The corpse was heavy, like an inert sack of potatoes. I shoved and wedged it into a doorway, and then I walked back to the mouth of the alley, lighting a cigarette. I was standing there, casually smoking, when the patrolman came up with his flashlight.
“Evening, officer,” I said.
He shoved the blinding light across my face. When he got it out of my eyes, I could see by the glow of a streetlight that he was young and freckle-faced, built like a Notre Dame tackle.
I inhaled a lungful of smoke, let it drift away. His light whipped down the alley, crawled over garbage cans, packing crates, bundles of paper, went over the spot where the dead man had sprawled, and then made a circuit of the fire escapes and balconies.
“Something the matter?” I asked.
“I don’t know. I thought I heard something. Some kind of yell. What’re you doing here?”
“Just walking around. I heard it, too. In the alley. A couple of cats fighting, I think. They make the damnedest sounds. Like a woman getting raped.”

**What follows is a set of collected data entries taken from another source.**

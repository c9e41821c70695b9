-- ===== src/Memory/Focal/Choice.antt =====
-- Which task `focal_task` of crates/memory/src/project.rs chooses.
use contextd.Prelude.{
  ◌≤◌, ◌≡◌, refl, sym, ap, subst, ◌∙◌, Bool, true, not, ◌&&◌, Option, none, some, List, [], ◌∷◌,
  arith, any, filter, count, All, Option-cases, List-cases, ◌≢◌, ◌⊎◌, inl, inr, count-filter,
}
use contextd.Prelude.Sorting.{IsSorted, sort_by-IsSorted, count-sort_by}
use contextd.Prelude.Members.{Among, Among-sort_by, Among-filter, Among-max_by}
use contextd.Text.Equality.{text_le_total, text_le_trans}
use contextd.Core.Claim.{Task, active, Claim}
use contextd.Core.Projection.{Projection, task}
use contextd.Memory.Focal.{
  task_le, is_failing_task, is_live_intent, is_some_active, failing_tasks, newest_intent,
  focal_task, claim_le,
}

task_le_total : (a b : Task) → (task_le a b ≡ true) ⊎ (task_le b a ≡ true)
unfolding task_le
task_le_total a b = ground (arith, text_le_total a.id b.id)

task_le_trans : (a b c : Task) → task_le a b ≡ true → task_le b c ≡ true → task_le a c ≡ true
unfolding task_le
task_le_trans a b c h k = ground (arith, text_le_trans a.id b.id c.id)

-- Nothing in a list fails a test that everything in it passes.
count-failing :
    (q : Task → Bool) (ts : List Task) → All (λ t. q t ≡ true) ts → count (λ t. not (q t)) ts ≡ 0
unfolding count
count-failing q [] h = refl
count-failing q (t ∷ ts) h = ground (arith, count-failing q ts h.1)

count-any : (q : Task → Bool) (ts : List Task) → any q ts ≡ true → 1 ≤ count (λ t. q t && true) ts
unfolding any count
count-any q [] h = ground arith
count-any q (t ∷ ts) h = ground (arith, count-any q ts)

-- The first of a sorted list is below all of it.
first-below :
    (t : Task) (ts : List Task)
    → IsSorted task_le (t ∷ ts)
    → count (λ u. not (task_le t u)) (t ∷ ts) ≡ 0
first-below t ts h = count-failing (task_le t) (t ∷ ts) (ground (arith, task_le_total t t), h.0)

failing-first :
    (p : Projection) (t : Task) (ts : List Task)
    → failing_tasks p ≡ t ∷ ts
    → count (λ u. is_failing_task p u && not (task_le t u)) p.tasks ≡ 0
unfolding failing_tasks
failing-first p t ts h =
    sym (count-filter (is_failing_task p) (λ u. not (task_le t u)) p.tasks)
    ∙ sym (count-sort_by task_le (λ u. not (task_le t u)) (filter (is_failing_task p) p.tasks))
    ∙ ap (count (λ u. not (task_le t u))) h
    ∙ first-below t ts (
        subst (IsSorted task_le) h (
          sort_by-IsSorted task_le task_le_total task_le_trans
            (filter (is_failing_task p) p.tasks)))

failing-Among :
    (p : Projection) (t : Task) (ts : List Task)
    → failing_tasks p ≡ t ∷ ts
    → Among t p.tasks × (is_failing_task p t ≡ true)
unfolding failing_tasks
failing-Among p t ts h = Among-filter (is_failing_task p) t p.tasks (
    Among-sort_by task_le t (filter (is_failing_task p) p.tasks)
      (subst (Among t) (sym h) (inl refl)))

some_failing : (p : Projection) → any (is_failing_task p) p.tasks ≡ true → failing_tasks p ≢ []
unfolding failing_tasks count
some_failing p h none_left =
    let every : Task → Bool = λ t. true in
    let kept = filter (is_failing_task p) p.tasks in
    let none_kept : count every kept ≡ 0 =
      sym (count-sort_by task_le every kept) ∙ ap (count every) none_left in
    omega (
      arith,
      none_kept,
      count-filter (is_failing_task p) every p.tasks,
      count-any (is_failing_task p) p.tasks h,
    )

-- If a task that is active has a current reality with an exit code other than 0, then the focal
-- task is one of these tasks, and none of them is older (or as old, with a smaller id).
pub focal_task-IsOldestFailing :
    (p : Projection)
    → any (is_failing_task p) p.tasks ≡ true
    → (t : Task) × (focal_task p ≡ some t)
      × Among t p.tasks
      × (is_failing_task p t ≡ true)
      × (count (λ u. is_failing_task p u && not (task_le t u)) p.tasks ≡ 0)
unfolding focal_task
focal_task-IsOldestFailing p h = elim (List-cases (failing_tasks p)) [
  | inl nothing ↦ absurd (some_failing p h nothing)
  | inr (t, ts, first) ↦
      let (there, fails) = failing-Among p t ts first in
      (t, rw (first, focal_task), there, fails, failing-first p t ts first)
]

some_active-status :
    (o : Option Task) (t : Task) → is_some_active o ≡ true → o ≡ some t → t.status ≡ active
some_active-status none t h e = ground arith
some_active-status (some u) t h e = ground arith

newest_intent-live :
    (p : Projection) (c : Claim) → newest_intent p ≡ some c → is_live_intent p c ≡ true
unfolding newest_intent
newest_intent-live p c h =
    (Among-filter (is_live_intent p) c p.claims
      (Among-max_by claim_le c (filter (is_live_intent p) p.claims) h)).1

newest_intent-active :
    (p : Projection) (t : Task)
    → (elim (newest_intent p) [ some c ↦ task p c.task_id | none ↦ none ]) ≡ some t
    → t.status ≡ active
newest_intent-active p t h = elim (Option-cases (newest_intent p)) [
  | inl absent ↦ absurd (ground arith)
  | inr (c, newest) ↦
      let live = newest_intent-live p c newest in
      some_active-status (task p c.task_id) t (ground arith) (ground arith)
]

-- A focal task is active: a task that is done is never the one that a briefing is about.
pub focal_task-active : (p : Projection) (t : Task) → focal_task p ≡ some t → t.status ≡ active
unfolding focal_task
focal_task-active p t h = elim (List-cases (failing_tasks p)) [
  | inl nothing ↦ newest_intent-active p t (ground arith)
  | inr (u, us, first) ↦
      let same : u ≡ t = ground arith in
      let fails = (failing-Among p u us first).1 in
      ap (λ (x : Task). x.status) (sym same) ∙ ground arith
]
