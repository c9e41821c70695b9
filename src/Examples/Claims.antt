-- ===== src/Examples/Claims.antt =====
-- The theorems on the rules for claims and on the handlers, at a small view.
use contextd.Prelude.{
  ◌⊎◌, inl, inr, ◌≤◌, length, ◌≡◌, ◌≢◌, ◌↔◌, refl, none, some, [], ◌∷◌, find?, filter, any, count,
  not, ◌&&◌, true,
}
use contextd.Prelude.Members.{Among}
use contextd.Prelude.Sorting.{sort_by, insert_by}
use contextd.Prelude.Int.{pos}
use contextd.Prelude.Result.{ok}
use contextd.Text.{str, text_eq, trim}
use contextd.Core.Claim.{
  Claim, ClaimEvent, Task, active, current, assert, user, agent, projector, inferred, observed,
  reality, next_action, decision, frontier_subject, origin_eq, kind_eq,
}
use contextd.Core.Projection.{
  Projection, claim, current_slot, has_failing_reality, current_for_task, in_slot,
}
use contextd.Core.Validate.{
  validate, validate_against_projection, validate_target, validate_existing, replaced_id,
}
use contextd.Core.Validate.Policy.{validate-ok_iff, IsPermitted}
use contextd.Memory.Project.{hashed_id, apply_claim}
use contextd.Memory.Project.Retired.{apply_claim-retires, Replaces, Displaces}
use contextd.Memory.Focal.Choice.{focal_task-IsOldestFailing, focal_task-active}
use contextd.Memory.Focal.{is_failing_task, task_le, focal_task, failing_tasks}
use contextd.Daemon.Claims.{Reply, record_user_intent, record_agent_claim, id_or_new}
use contextd.Daemon.Claims.Admission.{
  record_user_intent-ok_iff, declared, record_agent_claim-blocked,
}
use contextd.Examples.{outside, intent_of}

validate-ok_iff_example :
    (validate user (intent_of (1 ∷ []) (7 ∷ [])) ≡ ok tt)
    ↔ ((user ≡ user) × (user ≢ projector) × IsPermitted assert user (intent_of (1 ∷ []) (7 ∷ [])))
validate-ok_iff_example = validate-ok_iff user (intent_of (1 ∷ []) (7 ∷ []))

-- A task whose last run failed, with the next action that the projector recorded.
abbrev failing_task : Task
failing_task = record {
  id = 7 ∷ [];
  status = active;
  opened_by_event_id = 1 ∷ [];
  closed_by_event_id = none;
  created_at_ms = 1;
  updated_at_ms = 1;
}

abbrev failed_run : Claim
failed_run = record {
  id = 3 ∷ [];
  task_id = 7 ∷ [];
  kind = reality;
  subject = 8 ∷ [];
  status = current;
  confidence = observed;
  origin = projector;
  text = 9 ∷ [];
  outcome = some (pos 1);
  artifact_refs = [];
  evidence_ids = (1 ∷ []) ∷ [];
  supersedes = none;
  asserted_by_event_id = 1 ∷ [];
  updated_at_ms = 1;
}

abbrev frontier : Claim
frontier = record failed_run {
  id = 4 ∷ [];
  kind = next_action;
  subject = frontier_subject;
  confidence = inferred;
  outcome = none;
}

abbrev agent_decision : Claim
agent_decision = record failed_run {
  id = 5 ∷ [];
  kind = decision;
  confidence = inferred;
  origin = agent;
  outcome = none;
}

abbrev view : Projection
view = record { tasks = failing_task ∷ []; claims = failed_run ∷ frontier ∷ agent_decision ∷ [] }

-- An agent replaces its own decision.
abbrev second_thought : ClaimEvent
second_thought = record (intent_of (6 ∷ []) (7 ∷ [])) {
  kind = some decision;
  confidence = some inferred;
  origin = agent;
  supersedes = some (5 ∷ []);
}

apply_claim-retires_example :
    Among agent_decision (apply_claim view second_thought (6 ∷ []) 2).claims
    ⊎ Replaces agent view second_thought agent_decision
    ⊎ Displaces agent view second_thought agent_decision
unfolding validate_against_projection validate_target validate_existing replaced_id claim find?
    text_eq origin_eq
apply_claim-retires_example =
    apply_claim-retires agent second_thought view (6 ∷ []) 2 agent_decision refl refl
      (inr (inr (inl refl)))

-- The text " A"
record_user_intent-ok_iff_example :
    (record_user_intent outside view (9 ∷ []) (32 ∷ 65 ∷ [])
      ≡ ok (declared (9 ∷ []) (7 ∷ []) (65 ∷ [])))
    ↔ ((1 ≤ length (trim (32 ∷ 65 ∷ [])))
        × (length (trim (32 ∷ 65 ∷ [])) ≤ 500)
        × (declared (9 ∷ []) (7 ∷ []) (65 ∷ [])
            ≡ declared
                (9 ∷ [])
                (id_or_new (focal_task view) (hashed_id outside (str "t_") ((9 ∷ []) ∷ [])))
                (trim (32 ∷ 65 ∷ []))))
record_user_intent-ok_iff_example =
    record_user_intent-ok_iff outside view (9 ∷ []) (32 ∷ 65 ∷ [])
      (declared (9 ∷ []) (7 ∷ []) (65 ∷ []))

abbrev any_reply : Reply
any_reply = record { event = second_thought; claim_id = []; task_id = [] }

record_agent_claim-blocked_example :
    record_agent_claim view (9 ∷ []) next_action (65 ∷ []) none none ≢ ok any_reply
unfolding focal_task failing_tasks has_failing_reality current_for_task filter sort_by insert_by any
    kind_eq current_slot in_slot text_eq find? claim str
record_agent_claim-blocked_example =
    record_agent_claim-blocked view (9 ∷ []) (65 ∷ []) none none failing_task frontier any_reply
      refl refl refl refl (λ e. cc)

focal_task-IsOldestFailing_example :
    (t : Task) × (focal_task view ≡ some t)
    × Among t view.tasks
    × (is_failing_task view t ≡ true)
    × (count (λ u. is_failing_task view u && not (task_le t u)) view.tasks ≡ 0)
unfolding has_failing_reality current_for_task filter any kind_eq text_eq
focal_task-IsOldestFailing_example = focal_task-IsOldestFailing view refl

focal_task-active_example : failing_task.status ≡ active
unfolding focal_task failing_tasks has_failing_reality current_for_task filter sort_by insert_by any
    kind_eq text_eq
focal_task-active_example = focal_task-active view failing_task refl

He relaxed a little. “Yeah.” He shoved the flash into his belt, lit a cigarette. Then he took out a handkerchief and mopped his freckled forehead, pushing his cap back. “God, it's hot tonight.”
“Not a breath stirring,” I agreed.
“Yeah, I guess that’s what it was. Cats, I mean. We got a couple of old alley Toms in my neighborhood. Keep me awake squalling and fussing every night.”
“They can raise a lot of hell, all right.”
He stuffed the handkerchief back in his pocket. “You better not hang around here by yourself,” he said in a friendly tone. “Lousy part of town. One of these cigar rollers might slug you.”
I shrugged and moved away from the alley. I walked down the street and crossed over to a drug store. Like the rest of Ybor City, it was all Spanish. A placard in the window said, English Spoken Here.
For a long time, I stared at the window. Then I walked into the place and examined some magazines. After a bit, I went out on the sidewalk again. The young cop had disappeared. The street was empty and lonely. I stepped back into the store, dropped a coin in a pay phone and called a taxi. Then I walked quickly back to the alley.